Sandie Allen
Massachusetts no longer produces buyers of technology. Instead, we may appear to be in the business of producing technology companies that are for sale to others. But while an acquisition is an exit for investors, it doesn’t mean a company bows out. As much as boosters would like to see another EMC or Akamai take root by the banks of the River Charles, the anecdotes of two acquisitions show that growth can occur on the sell-side of mergers and acquisitions.
TripAdvisor LLC’s $200 million acquisition by InterActiveCorp (Nasdaq: IACI) was a home run by any VC’s measure: Flagship Ventures and a handful of angels had put in $4.5 million. Five years later, that is not the number co-founder Stephen Kaufer is thinking about.
There are better numbers for the TripAdvisor CEO to focus on, like the $212 million the company, now a subdivision of Expedia Inc., generated in 2009 — over five times its sales in 2005. TripAdvisor now employs 750 worldwide — 350 to 400 of them in and around its Boston headquarters — and plans to hire 100 globally through the end of 2011. In 2005, the company headcount was 35.
A few years later (also in April), BMC Software Inc. (Nasdaq: BMC) bought BladeLogic, a Lexington company making data center management software. The 2008 acquisition, worth $834 million in cash, brought about 190 Lexington-based BladeLogic employees into BMC. According to the company, most of them are still there, and the headcount in Lexington has grown to 225. CEO Bob Beauchamp said on the strength of multiple quarters of double-digit growth in BladeLogic, BMC is planning to hire more. According to BMC’s annual report, BladeLogic produced at least $75 million in revenue for the company in 2009.
But BladeLogic and TripAdvisor took divergent paths to growth after acquisition. In TripAdvisor’s case, the company’s buyers have interfered little with the machine that has at times in its history thrown off half its revenue in cash, and giving Kaufer broad discretion to make acquisitions and run the company as he sees fit.
“We were lucky enough to land at IAC, which could be considered a holding company back then,” Kaufer said. “We were just one of a bunch of businesses, and we were left to run very independently. We continued to prove our worth by growing on our own.”
BMC, however, has made BladeLogic part of a broad strategy for cloud computing that the company conceived before the acquisition, using its new subsidiary as an engineering center for new initiatives in that area. Scott Fulton, who heads engineering for the BladeLogic division, came to BMC five months before the acquisition to manage the deal and the R&D efforts the company planned to build on top of it.
“BladeLogic was kind of a cornerstone, anchor acquisition to go into a broader category that we call service automation,” Fulton said.
BMC is aiming its BladeLogic R&D assets at new demands from enterprise customers, who are looking to support development of private clouds that can match the speed, scalability and self-service capabilities of public services like Amazon’s EC2.
Businesses are looking to let non-IT employees provision new servers, and do so quickly.
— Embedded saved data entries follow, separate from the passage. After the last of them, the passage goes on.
-- ===== src/Reader/Stream/Chunks.antt =====
-- The stream of bridgewire/reader.py on the records of a reader, as the serial line cuts them into
-- chunks.
use frontdoor.Prelude.{
  ℕ, zero, suc, ◌+◌, ◌/◌, ◌%◌, ◌≤◌, ◌<◌, ◌≡◌, refl, sym, ap, ap₂, ◌∙◌, ◌⊎◌, inl, inr, true, not,
  Option, none, some, List, [], ◌∷◌, ◌++◌, map, length, concat, all, All, arith, append_assoc,
  append-nil, map-append, and_parts, ◌==◌, cons-injective, append-nil_parts, nil_of_length,
  length-append,
}
use frontdoor.Reader.Record.{
  Text, stx, etx, parsed, RecordResult, accepted, is_hex_digit, format_02x, xor_pairs,
  parse_reader_record, build_record,
}
use frontdoor.Reader.Record.Hex.{is_hex_digit-hex_digit, xor_pairs-lt}
use frontdoor.Reader.Record.RoundTrip.{IsIdentifier, parse-build}
use frontdoor.Reader.Stream.{ReaderRecordStream, drain, feed, feed_all, new_stream}
use frontdoor.Reader.Stream.Rounds.{lacks, drain_nil, drain_frame, drain_partial}

abbrev pub bytes_of : Option Text → Text
bytes_of none = []
bytes_of (some bytes) = bytes

-- What a reader sends for a list of credentials.
abbrev pub wire : List Text → Text
wire [] = []
wire (c ∷ cs) = bytes_of (build_record c) ++ wire cs

abbrev pub read_back : Text → RecordResult
read_back c = accepted (record { credential = c })

lacks-append :
    (byte : ℕ) (xs ys : Text)
    → lacks byte xs ≡ true
    → lacks byte ys ≡ true
    → lacks byte (xs ++ ys) ≡ true
lacks-append byte [] ys hx hy = hy
lacks-append byte (x ∷ xs) ys hx hy = ground (arith, lacks-append byte xs ys)

lacks-hex : (text : Text) → all is_hex_digit text ≡ true → lacks etx text ≡ true
lacks-hex [] h = refl
lacks-hex (c ∷ text) h =
    let (hc, rest) = and_parts (is_hex_digit c) (all is_hex_digit text) h in
    rw (lacks-hex text rest) (ground arith)

-- The record of an identifier is a frame with no end byte inside.
record Frame (c : Text) : Type 0 where
  body : Text
  built : bytes_of (build_record c) ≡ stx ∷ body ++ etx ∷ []
  inside : lacks etx body ≡ true
  size : length body ≡ 14
  reads : parse_reader_record (stx ∷ body ++ etx ∷ []) ≡ parsed (record { credential = c })

frame : (c : Text) → IsIdentifier c → Frame c
unfolding build_record
frame c id =
    let checksum = xor_pairs 0 c in
    let small : checksum < 256 = xor_pairs-lt 0 c (omega arith) id.digits in
    let body : Text = c ++ (format_02x checksum ++ 13 ∷ 10 ∷ []) in
    let (bytes, built, size, reads) = parse-build c id in
    let whole : bytes_of (build_record c) ≡ stx ∷ body ++ etx ∷ [] =
      rw id.digits (ap (◌∷◌ stx) (simp append_assoc)) in
    let same : bytes ≡ stx ∷ body ++ etx ∷ [] = sym (ap bytes_of built) ∙ whole in
    record {
      body = body;
      built = whole;
      inside = lacks-append etx c _ (lacks-hex c id.digits) (
          lacks-append etx (format_02x checksum) (13 ∷ 10 ∷ [])
            (lacks-hex (format_02x checksum) (
              rw (
                is_hex_digit-hex_digit (checksum / 16) (omega arith),
                is_hex_digit-hex_digit (checksum % 16) (omega arith),
              )))
            refl);
      size = omega (arith, ap length same, size, length-append {0} (stx ∷ body) (etx ∷ []));
      reads = rw same at reads;
    }

-- Two ways to cut one text.
cut_at :
    (xs ys zs ws : Text)
    → xs ++ ys ≡ zs ++ ws
    → ((xs' : Text) × (xs ≡ zs ++ xs') × (xs' ++ ys ≡ ws))
      ⊎ ((z : ℕ) × (zs' : Text) × (zs ≡ xs ++ z ∷ zs') × (ys ≡ z ∷ zs' ++ ws))
cut_at xs ys [] ws h = inl (xs, refl, h)
cut_at [] ys (z ∷ zs) ws h = inr (z, zs, refl, h)
cut_at (x ∷ xs) ys (z ∷ zs) ws h =
    let (head, tail) = cons-injective h in
    elim (cut_at xs ys zs ws tail) [
      | inl (xs', eq, rest) ↦ inl (xs', cc, rest)
      | inr (y, zs', eq, rest) ↦ inr (y, zs', cc, rest)
    ]

prefix_lacks :
    (e x : ℕ) (body xs rest : Text)
    → lacks e body ≡ true
    → body ++ e ∷ [] ≡ xs ++ x ∷ rest
    → (lacks e xs ≡ true) × (length xs ≤ length body)
prefix_lacks e x body [] rest h eq = (refl, omega arith)
prefix_lacks e x [] (y ∷ xs) rest h eq =
    let (_, tail) = cons-injective eq in
    let (_, absurd_tail) = append-nil_parts xs (x ∷ rest) (sym tail) in absurd (cc)
prefix_lacks e x (b ∷ body) (y ∷ xs) rest h eq =
    let (head, tail) = cons-injective eq in
    let (hb, more) = and_parts (not (b == e)) (lacks e body) h in
    let (inside, short) = prefix_lacks e x body xs rest more tail in
    (rw (← head, hb) inside, omega arith)

-- What a round of the loop does with the records that are still to come: the first of them are read,
-- and the beginning of the next one waits in the buffer.
record Cut (result : List RecordResult × Text) (bytes : Text) (cs : List Text) : Type 0 where
  done : List Text
  later : List Text
  split : cs ≡ done ++ later
  results : result.0 ≡ map read_back done
  resumes : result.1 ++ bytes ≡ wire later
  short : length result.1 < 16

Cut-partial :
    (maximum fuel : ℕ) (c : Text) (cs : List Text) (buffer bytes : Text) (z : ℕ) (zs : Text)
    → 16 ≤ maximum
    → Frame c
    → length buffer ≤ fuel
    → buffer ++ bytes ≡ wire (c ∷ cs)
    → bytes_of (build_record c) ≡ buffer ++ z ∷ zs
    → Cut (drain fuel maximum buffer) bytes (c ∷ cs)
Cut-partial maximum fuel c cs [] bytes z zs room f enough eq partial = rw drain_nil (record {
  done = [];
  later = c ∷ cs;
  split = refl;
  results = refl;
  resumes = eq;
  short = omega arith;
})
Cut-partial maximum zero c cs (b ∷ buffer) bytes z zs room f enough eq partial =
    absurd (omega arith)
Cut-partial maximum (suc fuel) c cs (b ∷ buffer) bytes z zs room f enough eq partial =
    let (starts, inner) = cons-injective (sym f.built ∙ partial) in
    let (inside, size) = prefix_lacks etx z f.body buffer zs f.inside inner in
    rw (← starts, drain_partial fuel maximum buffer inside (omega (arith, f.size)))
      (record {
        done = [];
        later = c ∷ cs;
        split = refl;
        results = refl;
        resumes = rw starts eq;
        short = omega (arith, f.size);
      })

Cut-whole :
    (maximum fuel : ℕ) (c : Text) (cs : List Text) (buffer bytes : Text)
    → Frame c
    → Cut (drain fuel maximum buffer) bytes cs
    → Cut (drain (suc fuel) maximum (bytes_of (build_record c) ++ buffer)) bytes (c ∷ cs)
Cut-whole maximum fuel c cs buffer bytes f cut =
    rw (f.built, append_assoc, drain_frame fuel maximum f.body buffer f.inside, f.reads)
      (record {
        done = c ∷ cut.done;
        later = cut.later;
        split = ap (◌∷◌ c) cut.split;
        results = ap (◌∷◌ (read_back c)) cut.results;
        resumes = cut.resumes;
        short = cut.short;
      })

length-sent : (c : Text) → Frame c → length (bytes_of (build_record c)) ≡ 16
length-sent c f =
    omega (arith, ap length f.built, f.size, length-append {0} (stx ∷ f.body) (etx ∷ []))

drain-Cut :
    (maximum : ℕ)
    → 16 ≤ maximum
    → (cs : List Text) (fuel : ℕ) (buffer bytes : Text) → All IsIdentifier cs
    → length buffer ≤ fuel
    → buffer ++ bytes ≡ wire cs
    → Cut (drain fuel maximum buffer) bytes cs
drain-Cut maximum room [] fuel buffer bytes ids enough eq =
    let (empty, none_left) = append-nil_parts buffer bytes eq in
    rw (empty, drain_nil)
      (record {
        done = [];
        later = [];
        split = refl;
        results = refl;
        resumes = none_left;
        short = omega arith;
      })
drain-Cut maximum room (c ∷ cs) zero buffer bytes ids enough eq =
    let f = frame c ids.0 in
    let empty = nil_of_length buffer enough in
    rw empty (
      Cut-partial maximum 0 c cs [] bytes stx (f.body ++ etx ∷ []) room f (omega arith)
        (rw empty at eq) f.built)
drain-Cut maximum room (c ∷ cs) (suc fuel) buffer bytes ids enough eq =
    let f = frame c ids.0 in
    elim (cut_at buffer bytes (bytes_of (build_record c)) (wire cs) eq) [
      | inl (buffer', whole, rest) ↦
          let size : length buffer ≡ 16 + length buffer' = omega (
            arith,
            ap length whole,
            length-sent c f,
            length-append {0} (bytes_of (build_record c)) buffer',
          ) in
          rw whole (
            Cut-whole maximum fuel c cs buffer' bytes f
              (drain-Cut maximum room cs fuel buffer' bytes ids.1 (omega arith) rest))
      | inr (z, zs, partial, rest) ↦
          Cut-partial maximum (suc fuel) c cs buffer bytes z zs room f enough eq partial
    ]

feed-Cut :
    (s : ReaderRecordStream) (chunk bytes : Text) (cs : List Text)
    → 16 ≤ s.maximum_buffer
    → All IsIdentifier cs
    → length s.buffer < 16
    → (s.buffer ++ chunk) ++ bytes ≡ wire cs
    → Cut ((feed s chunk).0, (feed s chunk).1.buffer) bytes cs
      × ((feed s chunk).1.maximum_buffer ≡ s.maximum_buffer)
unfolding feed
feed-Cut s [] bytes cs room ids short eq = (
  record {
    done = [];
    later = cs;
    split = refl;
    results = refl;
    resumes = rw append-nil at eq;
    short = short;
  },
  refl,
)
feed-Cut s (b ∷ chunk) bytes cs room ids short eq =
    let buffer = s.buffer ++ b ∷ chunk in
    (drain-Cut s.maximum_buffer room cs (length buffer) buffer bytes ids (omega arith) eq, refl)

All-later {ℓ κ} : {A : Type ℓ} (P : A → Type κ) (xs ys : List A) → All P (xs ++ ys) → All P ys
All-later P [] ys h = h
All-later P (x ∷ xs) ys h = All-later P xs ys h.1

length-wire : (cs : List Text) → All IsIdentifier cs → length (wire cs) < 16 → cs ≡ []
length-wire [] ids h = refl
length-wire (c ∷ cs) ids h = absurd (
    omega (
      arith,
      length-sent c (frame c ids.0),
      length-append {0} (bytes_of (build_record c)) (wire cs),
    ))

-- From a buffer that holds the beginning of a record.
feed_all_cut :
    (chunks : List Text) (s : ReaderRecordStream) (cs : List Text)
    → 16 ≤ s.maximum_buffer
    → All IsIdentifier cs
    → length s.buffer < 16
    → s.buffer ++ concat chunks ≡ wire cs
    → ((feed_all s chunks).0 ≡ map read_back cs) × ((feed_all s chunks).1.buffer ≡ [])
unfolding feed_all
feed_all_cut [] s cs room ids short eq =
    let all_read = length-wire cs ids (rw (← eq, append-nil) short) in
    (rw all_read, (append-nil_parts s.buffer [] (eq ∙ ap wire all_read)).0)
feed_all_cut (chunk ∷ chunks) s cs room ids short eq =
    let (cut, same) =
      feed-Cut s chunk (concat chunks) cs room ids short
        (append_assoc s.buffer chunk (concat chunks) ∙ eq) in
    let (rest, empty) =
      feed_all_cut chunks (feed s chunk).1 cut.later (rw same room)
        (All-later IsIdentifier cut.done cut.later (rw cut.split at ids)) cut.short cut.resumes in
    (
      ap₂ ◌++◌ cut.results rest
          ∙ sym (map-append read_back cut.done cut.later)
          ∙ ap (map read_back) (sym cut.split),
      empty,
    )

-- Records that a reader sends, cut into chunks in any way, come out of a new stream one by one, with
-- their credentials, and nothing is left in the buffer.
pub feed_all-wire :
    (maximum : ℕ) (credentials : List Text) (chunks : List Text)
    → 16 ≤ maximum
    → All IsIdentifier credentials
    → concat chunks ≡ wire credentials
    → ((feed_all (new_stream maximum) chunks).0 ≡ map read_back credentials)
      × ((feed_all (new_stream maximum) chunks).1.buffer ≡ [])
unfolding new_stream
feed_all-wire maximum credentials chunks room ids eq =
    feed_all_cut chunks (record { buffer = []; maximum_buffer = maximum }) credentials room ids
      (omega arith) eq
Traditionally, the fastest an IT administrator could set up a server with firmware, operating systems, middleware and a database would be two hours.
“Customers are going to want that in 20 minutes,” Fulton said. “(IT administrators) can go out to Amazon and get that in 20 minutes. If an enterprise wants to have a private cloud, they need to match that.”
For companies planning aggressive growth, a merger with a larger, more established business can be a better means to finance growth than strategies to preserve a measure of independence — like venture investment or an initial public offering, said JC Raby, co-founder and managing director at Mansfield M&A advisory Boston Meridian.
That’s particularly true, he said, if there’s a market opportunity coming so fast and large that even a great deal of investment capital wouldn’t be enough to take advantage of it in time.
“You realize that even if you took in investment capital you wouldn’t be able to scale up the infrastructure to take advantage of it,” Raby said. “If this market is really there in spades for me, I’m going to take in that capital and still not be able to turn that into a valuation enhancer.”
Since 2005, TripAdvisor has also grown by aquisition, composing an online travel portfolio that includes companies like virtualTourist and OneTime.com.
Small, but fast-growing and immensely profitable before its acquisition, TripAdvisor probably could have made those acquisitions on the strength of its own cash flow alone, Kaufer says. But Expedia’s size and clout helped the company establish itself in China, making an acquisition there and opening its own site.
“That would have been next to impossible without the much bigger, more established parent company,” Kaufer said.